CAS’s 2.5-acre undulating greenroof sits 35 feet in the air plant with a variety of over 50 native wildflowers and other species. The San Francisco-based Bernard Osher Foundation made a $20 million donation to the new Academy project in support of the living roof and the four-story Osher Rainforest exhibit.
The prestigious California Academy of Sciences was founded in 1853, and the original 11 buildings of the California Academy of Sciences – built between 1916 and 1976 – were destroyed in 1989 by the Loma Prieta earthquake.
Designed by Renzo Piano Building Workshop (RPBW) along with a slew of other professionals, a single building beneath the new 2.5-acre living roof measures 410,000 sf and houses the academy components that once stretched across 12 structures. The key elements are the new iterations of the Morrison Planetarium, Kimball Natural History Museum and Steinhart Aquarium. Also included are eight scientific research departments, an indoor rainforest, and a coral reef exhibit with some 4,000 fish in a 212,000-gallon tank that the academy says is the deepest living display of its kind.
Rana Creek Living Architecture worked with Renzo Piano Building Workshop, Chong and Partners Architecture, SWA Group, ARUP Engineering, and the Academy to design the living roof with seven dramatic hills and four steeply sloped domes, replicating the surrounding rolling hills. Because the hills are as steep as 60 degrees at some points, extensive testing was done to ensure a successful planting palette. The mounds on the roof are dotted with circular skylights fitted with heat sensors, and the skylights open to further cool the building when a certain temperature is reached. The two main domes cover the planetarium and rainforest exhibitions. An open-air observation terrace enables visitors to get a close-up look at the roof’s lush canopy of plants.

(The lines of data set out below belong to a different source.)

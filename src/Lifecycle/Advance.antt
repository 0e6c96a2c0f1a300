-- ===== src/Lifecycle/Advance.antt =====
-- How the table of work requests changes while a status change runs its course: row by row, no
-- status goes back. What the methods of Lifecycle.antt do to it is in Lifecycle/Termination.antt.
use Prim.Native.Nat.{ℕ}
use debusine.WorkRequests.{Statuses, WorkRequest, replace}
use debusine.Prelude.{List, ℕ, ◌∷◌, ◌≡◌, arith, ◌∙◌, All, [], ◌≤◌}

unfoldable pub stage : Statuses → ℕ
stage Statuses.blocked = 0
stage Statuses.pending = 1
stage Statuses.running = 1
stage Statuses.completed = 2
stage Statuses.aborted = 2

-- The same rows in the same order, each related to what it was.
abbrev pub Rows :
    (WorkRequest → WorkRequest → Type 0) → List WorkRequest → List WorkRequest → Type 0
Rows R [] [] = Unit
Rows R [] (y ∷ ys) = ⊥
Rows R (x ∷ xs) [] = ⊥
Rows R (x ∷ xs) (y ∷ ys) = R x y × Rows R xs ys

pub Rows-refl :
    (R : WorkRequest → WorkRequest → Type 0)
    → ((x : WorkRequest) → R x x)
    → (xs : List WorkRequest) → Rows R xs xs
Rows-refl R r [] = tt
Rows-refl R r (x ∷ xs) = (r x, Rows-refl R r xs)

pub Rows-trans :
    (R : WorkRequest → WorkRequest → Type 0)
    → ((x y z : WorkRequest) → R x y → R y z → R x z)
    → (xs ys zs : List WorkRequest) → Rows R xs ys
    → Rows R ys zs
    → Rows R xs zs
Rows-trans R t [] [] [] p q = tt
Rows-trans R t [] [] (z ∷ zs) p q = absurd q
Rows-trans R t [] (y ∷ ys) zs p q = absurd p
Rows-trans R t (x ∷ xs) [] zs p q = absurd p
Rows-trans R t (x ∷ xs) (y ∷ ys) [] p q = absurd q
Rows-trans R t (x ∷ xs) (y ∷ ys) (z ∷ zs) p q = (t x y z p.0 q.0, Rows-trans R t xs ys zs p.1 q.1)

pub Rows-map :
    (R S : WorkRequest → WorkRequest → Type 0)
    → ((x y : WorkRequest) → R x y → S x y)
    → (xs ys : List WorkRequest) → Rows R xs ys
    → Rows S xs ys
Rows-map R S f [] [] p = tt
Rows-map R S f [] (y ∷ ys) p = absurd p
Rows-map R S f (x ∷ xs) [] p = absurd p
Rows-map R S f (x ∷ xs) (y ∷ ys) p = (f x y p.0, Rows-map R S f xs ys p.1)

-- No status goes back.
abbrev pub Advances : WorkRequest → WorkRequest → Type 0
Advances x y = (x.id ≡ y.id) × (stage x.status ≤ stage y.status)

-- Nor does a work request terminate.
abbrev pub Released : WorkRequest → WorkRequest → Type 0
Released x y =
    (x.id ≡ y.id) × (stage x.status ≤ stage y.status) × (stage x.status ≤ 1 → stage y.status ≤ 1)

abbrev pub Settles : List WorkRequest → List WorkRequest → Type 0
Settles = Rows Advances

pub Settles-refl : (xs : List WorkRequest) → Settles xs xs
Settles-refl = Rows-refl Advances (λ x. ground arith)

pub Settles-trans : (xs ys zs : List WorkRequest) → Settles xs ys → Settles ys zs → Settles xs zs
Settles-trans = Rows-trans Advances (λ x y z p q. ground arith)

pub Released-trans :
    (xs ys zs : List WorkRequest) → Rows Released xs ys → Rows Released ys zs → Rows Released xs zs
Released-trans = Rows-trans Released (λ x y z p q. (p.0 ∙ q.0, omega arith, λ h. q.2 (p.2 h)))

pub Released-Settles : (xs ys : List WorkRequest) → Rows Released xs ys → Settles xs ys
Released-Settles = Rows-map Released Advances (λ x y p. (p.0, p.1))

-- Every row with the key `k` has at most the stage `s`.
abbrev pub AtMost : ℕ → ℕ → List WorkRequest → Type 0
AtMost k s = All (λ r. r.id ≡ k → stage r.status ≤ s)

pub Released-AtMost :
    (k : ℕ) (xs ys : List WorkRequest) → Rows Released xs ys → AtMost k 1 xs → AtMost k 1 ys
Released-AtMost k [] [] p h = tt
Released-AtMost k [] (y ∷ ys) p h = absurd p
Released-AtMost k (x ∷ xs) [] p h = absurd p
Released-AtMost k (x ∷ xs) (y ∷ ys) p h =
    (λ e. p.0.2 (h.0 (p.0.0 ∙ e)), Released-AtMost k xs ys p.1 h.1)

-- A terminated instance may be written over any row.
pub replace-Settles :
    (w : WorkRequest) (rows : List WorkRequest) → stage w.status ≡ 2 → Settles rows (replace w rows)
unfolding stage
replace-Settles w [] h = tt
replace-Settles w (r ∷ rs) h = ground (arith, replace-Settles w rs h)

-- A pending instance may be written over a row that has not terminated.
pub replace-Released :
    (w : WorkRequest) (rows : List WorkRequest)
    → stage w.status ≡ 1
    → AtMost w.id 1 rows
    → Rows Released rows (replace w rows)
unfolding stage
replace-Released w [] h a = tt
replace-Released w (r ∷ rs) h a = ground (arith, replace-Released w rs h a.1)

The new building has maintained the same position and orientation as the original; all the functions are positioned around a central courtyard which acts as entrance lobby and the connection point to the collections. Covered by a concave glass canopy with a reticular structure reminiscent of a spider’s web, the central courtyard is open at the center.

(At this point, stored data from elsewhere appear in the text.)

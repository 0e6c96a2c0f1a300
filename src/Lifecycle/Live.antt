-- ===== src/Lifecycle/Live.antt =====
-- Work requests that have not terminated, and how many there are: the measure by which the cascade
-- of Lifecycle/Cascade.antt ends.
use native.Mathlib.Nat.{le_trans}
use debusine.Lifecycle.Advance.{stage, Settles, AtMost, Advances}
use Prim.Native.Nat.{ℕ}
use debusine.Prelude.{
  List, ℕ, ◌∷◌, All, Bool, Any, count, ◌≡◌, ◌≤◌, ◌<◌, not, true, ◌&&◌, arith, false, inl, some, sym,
  [], ◌∙◌, subst, ◌==◌, inr, Bool-cases, ap, refl,
}
use debusine.WorkRequests.{WorkRequest, find, is_terminated, replace}

-- Keys are primary keys.
abbrev pub UniqueIds : List WorkRequest → Type 0
UniqueIds [] = Unit
UniqueIds (r ∷ rs) = All (λ s. r.id ≡ s.id → ⊥) rs × UniqueIds rs

Settles-fresh :
    (k : ℕ) (xs ys : List WorkRequest)
    → Settles xs ys
    → All (λ s. k ≡ s.id → ⊥) xs
    → All (λ s. k ≡ s.id → ⊥) ys
Settles-fresh k [] [] p h = tt
Settles-fresh k [] (y ∷ ys) p h = absurd p
Settles-fresh k (x ∷ xs) [] p h = absurd p
Settles-fresh k (x ∷ xs) (y ∷ ys) p h = (λ e. h.0 (e ∙ sym p.0.0), Settles-fresh k xs ys p.1 h.1)

pub Settles-UniqueIds : (xs ys : List WorkRequest) → Settles xs ys → UniqueIds xs → UniqueIds ys
Settles-UniqueIds [] [] p u = tt
Settles-UniqueIds [] (y ∷ ys) p u = absurd p
Settles-UniqueIds (x ∷ xs) [] p u = absurd p
Settles-UniqueIds (x ∷ xs) (y ∷ ys) p u = (
  Settles-fresh y.id xs ys p.1 (subst (λ k. All (λ s. k ≡ s.id → ⊥) xs) p.0.0 u.0),
  Settles-UniqueIds xs ys p.1 u.1,
)

abbrev pub is_live : WorkRequest → Bool
is_live r = not (is_terminated r.status)

-- The row with the key `k` has not terminated.
abbrev pub LiveIn : ℕ → List WorkRequest → Type 0
LiveIn k = Any (λ r. (r.id ≡ k) × (is_live r ≡ true))

-- The work requests besides `k` that have not terminated.
abbrev pub live_without : ℕ → List WorkRequest → ℕ
live_without k = count (λ r. is_live r && not (r.id == k))

pub live_without-le-live :
    (k : ℕ) (rows : List WorkRequest) → live_without k rows ≤ count is_live rows
live_without-le-live k [] = omega arith
live_without-le-live k (r ∷ rs) = ground (arith, live_without-le-live k rs)

pub live-replace :
    (w : WorkRequest) (rows : List WorkRequest)
    → is_live w ≡ false
    → count is_live (replace w rows) ≡ live_without w.id rows
live-replace w [] h = refl
live-replace w (r ∷ rs) h = ground (arith, live-replace w rs h)

Advances-live : (x y : WorkRequest) → Advances x y → is_live y ≡ true → is_live x ≡ true
unfolding stage
Advances-live x y a h = ground arith

pub Settles-live : (xs ys : List WorkRequest) → Settles xs ys → count is_live ys ≤ count is_live xs
Settles-live [] [] p = omega arith
Settles-live [] (y ∷ ys) p = absurd p
Settles-live (x ∷ xs) [] p = absurd p
Settles-live (x ∷ xs) (y ∷ ys) p = ground (arith, Advances-live x y p.0, Settles-live xs ys p.1)

Settles-live_without-le :
    (k : ℕ) (xs ys : List WorkRequest) → Settles xs ys → live_without k ys ≤ live_without k xs
Settles-live_without-le k [] [] p = omega arith
Settles-live_without-le k [] (y ∷ ys) p = absurd p
Settles-live_without-le k (x ∷ xs) [] p = absurd p
Settles-live_without-le k (x ∷ xs) (y ∷ ys) p =
    ground (arith, Advances-live x y p.0, Settles-live_without-le k xs ys p.1)

live_without-lt :
    (k : ℕ) (xs : List WorkRequest) → LiveIn k xs → live_without k xs < count is_live xs
live_without-lt k [] h = absurd h
live_without-lt k (x ∷ xs) (inl h) = ground (arith, live_without-le-live k xs)
live_without-lt k (x ∷ xs) (inr h) = ground (arith, live_without-lt k xs h)

-- A row that was live and is set aside leaves fewer live rows, however the others have advanced.
pub Settles-live_without :
    (k : ℕ) (xs ys : List WorkRequest)
    → Settles xs ys
    → LiveIn k xs
    → live_without k ys < count is_live xs
Settles-live_without k xs ys p h =
    omega (arith, live_without-lt k xs h, Settles-live_without-le k xs ys p)

-- What `find` returns is a row.
pub find-LiveIn :
    (k : ℕ) (rows : List WorkRequest) (r : WorkRequest)
    → find k rows ≡ some r
    → is_live r ≡ true
    → LiveIn r.id rows
find-LiveIn k [] r e h = cc
find-LiveIn k (x ∷ xs) r e h = elim (Bool-cases (x.id == k)) [
  | inl here ↦ inl (ground arith, ground arith)
  | inr there ↦ inr (find-LiveIn k xs r (ground arith) h)
]

-- The rows that a filter keeps are rows, and pass the filter.
abbrev pub IsRow : List WorkRequest → WorkRequest → Type 0
IsRow rows r = Any (λ s. s ≡ r) rows

pub IsRow-LiveIn :
    (rows : List WorkRequest) (r : WorkRequest) → IsRow rows r → is_live r ≡ true → LiveIn r.id rows
IsRow-LiveIn [] r h l = absurd h
IsRow-LiveIn (x ∷ xs) r (inl e) l = inl (ap (λ (s : WorkRequest). s.id) e, rw e l)
IsRow-LiveIn (x ∷ xs) r (inr h) l = inr (IsRow-LiveIn xs r h l)

AtMost-fresh : (k s : ℕ) (rows : List WorkRequest) → All (λ r. k ≡ r.id → ⊥) rows → AtMost k s rows
AtMost-fresh k s [] h = tt
AtMost-fresh k s (r ∷ rs) h = (λ e. absurd (h.0 (sym e)), AtMost-fresh k s rs h.1)

IsRow-ne :
    (k : ℕ) (rows : List WorkRequest) (r : WorkRequest)
    → All (λ s. k ≡ s.id → ⊥) rows
    → IsRow rows r
    → k ≡ r.id
    → ⊥
IsRow-ne k [] r u h e = h
IsRow-ne k (x ∷ xs) r u (inl p) e = u.0 (e ∙ sym (ap (λ (s : WorkRequest). s.id) p))
IsRow-ne k (x ∷ xs) r u (inr h) e = IsRow-ne k xs r u.1 h e

-- With unique keys a row's stage bounds that of every row with its key.
pub IsRow-AtMost :
    (s : ℕ) (rows : List WorkRequest) (r : WorkRequest)
    → UniqueIds rows
    → IsRow rows r
    → stage r.status ≤ s
    → AtMost r.id s rows
IsRow-AtMost s [] r u h l = tt
IsRow-AtMost s (x ∷ xs) r u (inl e) l = (
  λ _. rw e l,
  AtMost-fresh r.id s xs
      (subst (λ k. All (λ y. k ≡ y.id → ⊥) xs) (ap (λ (y : WorkRequest). y.id) e) u.0),
)
IsRow-AtMost s (x ∷ xs) r u (inr h) l =
    (λ e. absurd (IsRow-ne x.id xs r u.0 h e), IsRow-AtMost s xs r u.1 h l)

-- Every row with the key `k` has terminated.
abbrev pub Ends : ℕ → List WorkRequest → Type 0
Ends k = All (λ r. r.id ≡ k → 2 ≤ stage r.status)

pub Settles-Ends : (k : ℕ) (xs ys : List WorkRequest) → Settles xs ys → Ends k xs → Ends k ys
Settles-Ends k [] [] p h = tt
Settles-Ends k [] (y ∷ ys) p h = absurd p
Settles-Ends k (x ∷ xs) [] p h = absurd p
Settles-Ends k (x ∷ xs) (y ∷ ys) p h =
    (λ e. le_trans (h.0 (p.0.0 ∙ e)) p.0.1, Settles-Ends k xs ys p.1 h.1)

pub replace-Ends :
    (w : WorkRequest) (rows : List WorkRequest) → stage w.status ≡ 2 → Ends w.id (replace w rows)
replace-Ends w [] h = tt
replace-Ends w (r ∷ rs) h = (λ e. ground arith, replace-Ends w rs h)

Surrounding the Living Roof is a large glass canopy with a decorative band of 60,000 photovoltaic cells contained between two glass panels. These solar panels generate approximately 213,000 kilowatt-hours of energy per year and provide up to 10% of the California Academy of Sciences’ electricity needs. The use of solar power is expected to prevent the release of 405,000 pounds of greenhouse gas emissions into the air. The green roof keeps interior temperatures about 10° F cooler and reduces low-frequency noise by 40 dB.